Bureaus and offices with DOI approved deviations in place prior to
October 29, 2019 are not required to resubmit those for reconsideration
following the procedures in this paragraph (d)(3). The following
requirements apply for review, approval, and posting of programmatic
indirect cost rate waivers:
(i) Program qualifications. Programs that have instituted a
program-wide requirement and governance process for deviations from
federally negotiated indirect cost rates may qualify for a programmatic
deviation approval.
(ii) Deviation requests. Deviation requests must be submitted by
the responsible senior program manager to the DOI Office of Grants
Management. The request for deviation approval must include a
description of the program, and the governance process for negotiating
and/or communicating to recipients the indirect cost rate requirements
under the program. The program must make its governance documentation,
rate deviations, and other program information publicly available.
(iii) Approvals. Programmatic deviations must be approved, in
writing, by the Director, Office of Grants Management. Approved
deviations will be made publicly available.
(4) Voluntary indirect cost rate reduction. On any single award, an
applicant and/or proposed recipient may elect to reduce or eliminate
the indirect cost rate applied to costs under that award. The election
must be voluntary and cannot be required by the awarding official,
NOFO, program, or other non-statutory or non-regulatory requirements.
For these award-specific and voluntary reductions, DOI can accept the
lower rate provided the notice of award clearly documents the
recipient's voluntary election.
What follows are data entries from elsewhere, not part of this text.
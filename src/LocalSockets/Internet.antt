-- ===== src/LocalSockets/Internet.antt =====
-- The other programs of Sockets: TCP_afinet and UDP_afinet, server and client, and the client of
-- UDP_local, on what their calls return. The programs of TCP_afinet do not test what read and send
-- return, nor those of UDP_afinet sendto. The address of a constant text is taken to be valid.
pub mod Closing
pub mod Datagrams
pub mod Programs
use eltex_lessons.Base.{
  ℕ, Bool, true, false, Option, none, some, List, [], ◌∷◌, ltb, length, if◌then◌else◌,
}
use eltex_lessons.Text.{Bytes, codes, before}
use eltex_lessons.LocalSockets.{
  World, Calls, socket_made, close_socket, file_made, unlink_path, print_message, send_message,
}

abbrev pub buffer_length : ℕ
buffer_length = 1024

-- A text that was read is shown; an error and the end of the connection are passed over.
abbrev pub print_if_read : Option Bytes → World → World
print_if_read none w = w
print_if_read (some []) w = w
print_if_read (some (b ∷ bs)) w = print_message (b ∷ bs) w

abbrev pub send_if_ok : Bool → ℕ → Bytes → World → World
send_if_ok ok fd text w = if ok then send_message fd text w else w

-- TCP_afinet/Server/server.c from its last call back to the first, each with the exit status.
unfoldable pub inet_accept : Option ℕ → Calls → ℕ → World → World × ℕ
inet_accept none c fd w = (close_socket fd w, 1)
inet_accept (some client) c fd w = (
  close_socket fd (
      close_socket client
        (send_if_ok c.write_ok client (codes "Hi!") (print_if_read c.read (socket_made client w)))),
  0,
)

unfoldable pub inet_listen : Bool → Calls → ℕ → World → World × ℕ
inet_listen false c fd w = (close_socket fd w, 1)
inet_listen true c fd w = inet_accept c.accept c fd w

unfoldable pub inet_bind : Bool → Calls → ℕ → World → World × ℕ
inet_bind false c fd w = (close_socket fd w, 1)
inet_bind true c fd w = inet_listen c.listen_ok c fd w

unfoldable pub inet_tcp_server : Option ℕ → Calls → World → World × ℕ
inet_tcp_server none c w = (w, 1)
inet_tcp_server (some fd) c w = inet_bind c.bind_ok c fd (socket_made fd w)

-- TCP_afinet/Client/client.c, likewise.
unfoldable pub inet_connect : Bool → Calls → ℕ → World → World × ℕ
inet_connect false c fd w = (close_socket fd w, 1)
inet_connect true c fd w =
    (close_socket fd (print_if_read c.read (send_if_ok c.write_ok fd (codes "Hello!") w)), 0)

unfoldable pub inet_tcp_client : Option ℕ → Calls → World → World × ℕ
inet_tcp_client none c w = (w, 1)
inet_tcp_client (some fd) c w = inet_connect c.connect_ok c fd (socket_made fd w)

-- The buffer of UDP_afinet is cleared first and filled to its end by a long datagram: the text
-- that is printed must end in it. `none` where the print runs over it.
unfoldable pub ends_inside : Bytes → Bool
ends_inside text = ltb (length (before 0 text)) buffer_length

-- UDP_afinet/Server/server.c, likewise; `read` is what recvfrom returns.
unfoldable pub inet_receive : Option Bytes → Calls → ℕ → World → Option (World × ℕ)
inet_receive none c fd w = some (close_socket fd w, 1)
inet_receive (some text) c fd w =
    if ends_inside text
    then some (close_socket fd (send_if_ok c.write_ok fd (codes "Hi!") (print_message text w)), 0)
    else none

unfoldable pub inet_udp_bind : Bool → Calls → ℕ → World → Option (World × ℕ)
inet_udp_bind false c fd w = some (close_socket fd w, 1)
inet_udp_bind true c fd w = inet_receive c.read c fd w

unfoldable pub inet_udp_server : Option ℕ → Calls → World → Option (World × ℕ)
inet_udp_server none c w = some (w, 1)
inet_udp_server (some fd) c w = inet_udp_bind c.bind_ok c fd (socket_made fd w)

-- UDP_afinet/Client/client.c, likewise.
unfoldable pub inet_reply : Option Bytes → ℕ → World → Option (World × ℕ)
inet_reply none fd w = some (close_socket fd w, 1)
inet_reply (some text) fd w =
    if ends_inside text then some (close_socket fd (print_message text w), 0) else none

unfoldable pub inet_udp_client : Option ℕ → Calls → World → Option (World × ℕ)
inet_udp_client none c w = some (w, 1)
inet_udp_client (some fd) c w =
    inet_reply c.read fd (send_if_ok c.write_ok fd (codes "Hello!") (socket_made fd w))

-- UDP_local/Client/client.c, likewise; its socket file is its own.
unfoldable pub local_reply : Option Bytes → ℕ → World → World × ℕ
local_reply none fd w = (unlink_path (close_socket fd w), 1)
local_reply (some text) fd w = (unlink_path (close_socket fd (print_message text w)), 0)

unfoldable pub local_send : Bool → Calls → ℕ → World → World × ℕ
local_send false c fd w = (unlink_path (close_socket fd w), 1)
local_send true c fd w = local_reply c.read fd (send_message fd (codes "Hello!") w)

unfoldable pub local_bind : Bool → Calls → ℕ → World → World × ℕ
local_bind false c fd w = (close_socket fd w, 1)
local_bind true c fd w = local_send c.write_ok c fd (file_made w)

unfoldable pub udp_client : Option ℕ → Calls → World → World × ℕ
udp_client none c w = (w, 1)
udp_client (some fd) c w = local_bind c.bind_ok c fd (unlink_path (socket_made fd w))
Once DOI has accepted the lower rate,
that rate will apply for the duration of the award.
(5) Unrecovered indirect costs. In accordance with 2 CFR 200.405,
indirect costs not recovered due to deviations to the federally
negotiated rate are not allowable for recovery via any other means.
Sec. Sec. 1402.415-1402.499 [Reserved]
Scott J. Cameron,
Principal Deputy Assistant Secretary for Policy Management and Budget.